A change in use where the new use requires the same or a lesser permit than the approved or existing use; or the establishment of a new use in an unoccupied building for which a permit has been granted.
2. 
Permit Modification. Any proposed change that exceeds the criteria of a permit adjustment but is not extensive enough to be considered a substantial or fundamental change in the approved entitlement or use relative to the permit, would not have a substantial adverse impact on surrounding properties and would not change any findings contained in the environmental documentation prepared for the permit, may be deemed a permit modification by the community development director. Action on the permit modification application shall be by the decision-making body that approved the original permit by the same type of public action process (i.e., action item without public hearing or public hearing item) and public noticing as required for the original project application.
3. 
New Permit Required. Any proposed modification that does not meet the criteria for a permit adjustment or permit modification shall require a new permit application.
B. 
Suspension, Modification or Revocation for Cause.
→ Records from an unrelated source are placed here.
-- ===== src/Tests/Moves.antt =====
-- A loan of the same office moves to another account.
use cursor_pulse.Base.{◌≡◌, ◌⊎◌, refl, true, false, List, [], ◌∷◌, length, none, some, arith}
use cursor_pulse.Base.Outcome.{returned}
use cursor_pulse.Base.Text.{codes, strip}
use cursor_pulse.Loans.{KeyLoan, Credential, Ledger, get_loan, get_credential}
use cursor_pulse.Keys.Answer.{first, is_hash}
use cursor_pulse.Lending.{World, Fresh, make_key, drop_key}
use cursor_pulse.Lending.Accounts.{
  burn_status, active_loan_count, get_account, get_member, get_primary_credential,
  account_loan_deadline, check_account, check_lender,
}
use cursor_pulse.Lending.Remote.{
  loan_key_name, resolve_remote_key_id, revoke_remote_key_best_effort, make_remote_key, list_made,
  create_loan_credential,
}
use cursor_pulse.Lending.Issue.{or_revoke, with_remote_key}
use cursor_pulse.Lending.Reassign.{
  finalize_reassign_old_remote_revoke, reassign_pending, pending_revoke, old_credential,
  Reassignment, reassign_loan_source, check_reassign, validate_reassign_loan, reassign_loan,
  move_loan, check_move, write_move, write_loan, moved_loan, pinned_loan,
}
use cursor_pulse.Lending.Alias.{Lets, answer_to}
use cursor_pulse.Lending.Moved.{authorize_status-reassign_loan_source}
use cursor_pulse.Lending.Finalize.{finalize-reassign_pending}
use cursor_pulse.Lending.Balance.{keys_after, fails}
use cursor_pulse.Lending.Refusal.{IsClean, reassign_loan_source-IsClean}
use cursor_pulse.Tests.Lending.{
  credential, client, world, fresh, lent, texts, lists, ids, unused, is_pka,
}

-- The loan moves from account 4 to account 3.
abbrev lent_tables : Ledger
lent_tables = record {
  loans = lent ∷ [];
  credentials =
      credential 1 3 ∷ credential 2 4 ∷ record (credential 8 4) { is_loan_key = true } ∷ [];
}

abbrev call : Reassignment
call = record {
  team_id = 1;
  loan_id = 9;
  new_source_account_id = 3;
  enforce_loan_cap = true;
  lender_mode = codes "manual";
  auto_revoke_on_reset = none;
}

abbrev next : Fresh
next = record fresh { credential_id = 11 }

abbrev moved : KeyLoan
moved = record lent { source_account_id = 3; credential_id = 11 }

move_checked : check_reassign world call lent_tables ≡ returned lent
unfolding check_reassign validate_reassign_loan get_loan
move_checked = refl

move_done : (reassign_loan_source world next call lent_tables).result ≡ returned moved
unfolding reassign_loan_source check_reassign validate_reassign_loan get_loan reassign_loan
    move_loan check_move check_account check_lender get_account get_member get_primary_credential
    first with_remote_key make_remote_key list_made or_revoke write_move create_loan_credential
    write_loan moved_loan pinned_loan account_loan_deadline burn_status active_loan_count
    resolve_remote_key_id loan_key_name
move_done = refl

alias_found :
    first
      (λ (k : KeyLoan). is_hash k.alias_key_hash (length (strip (codes "pka_ab"))))
      lent_tables.loans
    ≡ some lent
unfolding first strip
alias_found = refl

authorize_status-reassign_loan_source_example :
    Lets world.decrypt
      (λ l. none)
      (codes "secret")
      length
      (codes "pka_ab")
      []
      50
      (answer_to world.decrypt
        (λ l. none)
        (codes "secret")
        length
        (codes "pka_ab")
        []
        50
        (reassign_loan_source world next call lent_tables).ledger)
      9
      11
      (codes "key")
authorize_status-reassign_loan_source_example =
    authorize_status-reassign_loan_source world.decrypt (λ l. none) (codes "secret") length
      (codes "pka_ab") [] 50 world next call lent lent_tables moved (codes "key") move_done
      move_checked refl refl is_pka alias_found (omega arith, (omega arith, (omega arith, tt)))
      (omega arith) refl refl

abbrev broken : World
broken = record world { flush_fails = true }

move_fails : fails (reassign_loan_source broken next call lent_tables) ≡ true
unfolding reassign_loan_source check_reassign validate_reassign_loan get_loan reassign_loan
    move_loan check_move check_account check_lender get_account get_member get_primary_credential
    first with_remote_key make_remote_key list_made or_revoke write_move create_loan_credential
    write_loan burn_status active_loan_count resolve_remote_key_id loan_key_name
move_fails = refl

-- Key 77 is made and then revoked.
new_revoked :
    (reassign_loan_source broken next call lent_tables).calls
    ≡ make_key (codes "pulse-loan-Li-Na") 77 ∷ drop_key 77 ∷ []
unfolding reassign_loan_source check_reassign validate_reassign_loan get_loan reassign_loan
    move_loan check_move check_account check_lender get_account get_member get_primary_credential
    first with_remote_key make_remote_key list_made or_revoke write_move create_loan_credential
    write_loan burn_status active_loan_count resolve_remote_key_id loan_key_name
    revoke_remote_key_best_effort
new_revoked = refl

-- No key of the list has the name of the new one: another key is revoked, and 77 stays.
abbrev unlisted : World
unlisted = record broken {
  client = record client {
    list_user_api_keys = λ token name. some (record { id = 55; name = codes "other" } ∷ []);
  };
}

other_revoked : keys_after ids (reassign_loan_source unlisted next call lent_tables).calls ≡ 77 ∷ []
unfolding reassign_loan_source check_reassign validate_reassign_loan get_loan reassign_loan
    move_loan check_move check_account check_lender get_account get_member get_primary_credential
    first with_remote_key make_remote_key list_made or_revoke write_move create_loan_credential
    write_loan burn_status active_loan_count resolve_remote_key_id loan_key_name
    revoke_remote_key_best_effort
other_revoked = refl

reassign_loan_source-IsClean_example :
    IsClean ids lent_tables (reassign_loan_source broken next call lent_tables)
reassign_loan_source-IsClean_example =
    reassign_loan_source-IsClean broken ids texts lists (λ key. refl) unused next call lent_tables
      move_fails

-- The key of the loan at account 4 is number 55.
abbrev keyed_tables : List Credential
keyed_tables =
    credential 2 4 ∷ record (credential 8 4) { is_loan_key = true; remote_key_id = 55 } ∷ []

old_key_revoked :
    finalize_reassign_old_remote_revoke world
      (λ id. true)
      (reassign_pending call lent keyed_tables)
      (record { loans = []; credentials = keyed_tables })
    ≡ (true, drop_key 55 ∷ [])
unfolding finalize_reassign_old_remote_revoke reassign_pending pending_revoke old_credential
    get_primary_credential get_credential first
old_key_revoked = refl

finalize-reassign_pending_example :
    let done =
      finalize_reassign_old_remote_revoke world
        (λ id. true)
        (reassign_pending call lent keyed_tables)
        (record { loans = []; credentials = keyed_tables }) in
    ((done.0 ≡ false) × (done.1 ≡ []))
    ⊎ ((c : Credential) × (get_credential 8 keyed_tables ≡ some c)
        × (c.is_active ≡ true)
        × (done.1 ≡ drop_key c.remote_key_id ∷ []))
finalize-reassign_pending_example =
    finalize-reassign_pending world (λ id. true) call lent keyed_tables
      (record { loans = []; credentials = keyed_tables })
Any permit or variance heretofore or hereafter granted may be revoked, modified or its use suspended, by the same decision-making authority and procedure which would approve the permit or variance under this title. Prior to taking any action the applicant shall be given notice by U.S. mail at least 10 business days prior to the date of the proposed revocation, modification or suspension and have an opportunity to be heard by the issuing body prior to any such revocation, modification or suspension. An application for such modification, suspension or revocation may be filed, along with applicable fees, by any person. The applicant for such modification, suspension or revocation shall have the burden of proving one or more of the following causes:
1. 
The application request, which was submitted, was not in full, true and correct form.
2. 
The entitlement for which an approval was granted does not comply with the terms and conditions of the entitlement.
3. 
The entitlement was issued erroneously.
4. 
The project is not in compliance with terms or conditions of the permit or variance.
5. 
The project subject to the permit or variance, or any portion thereof, is or has been used or maintained in violation of any statute, ordinance, law or regulation.
6. 
The use for which the permit or variance was granted has not been exercised for at least 12 consecutive months, has ceased to exist or has been abandoned.
7. 
The use for which the permit or variance was granted has been so exercised as to be detrimental to the public health, safety or general welfare or as to constitute a nuisance.
8. 
Changes in technology, or in the type or amount of development in the vicinity of the use or other good cause warrants modification of conditions of operation or imposition of additional conditions of operation to assure that the use remains compatible with existing and potential uses of other property within the general area in which the use is located.
C. 
Nonwaiver. The failure of the community development director, planning commission or city council to revoke a variance or permit, or to suspend its use, whenever cause therefor exists or occurs, does not constitute a waiver of such right with respect to any subsequent cause for revocation or suspension of the use.
D. 
Prohibition. No person shall carry on any of the operations authorized to be performed under the terms of any permit or variance during any period of suspension thereof, or after the revocation thereof, or pending a judgment of court upon any application for writ taken to review the decision or order of the final appeal body in the city in suspending or revoking such permit or variance; provided, however, that nothing herein contained shall be construed to prevent the performance of such operations as may be necessary in connection with a diligent and bona fide effort to cure and remedy the default, noncompliance or violation, for which a suspension of the permit or variance was ordered by the applicable city entity, or such operations as may be required by other laws and regulations for the safety of persons and the protection and preservation of property.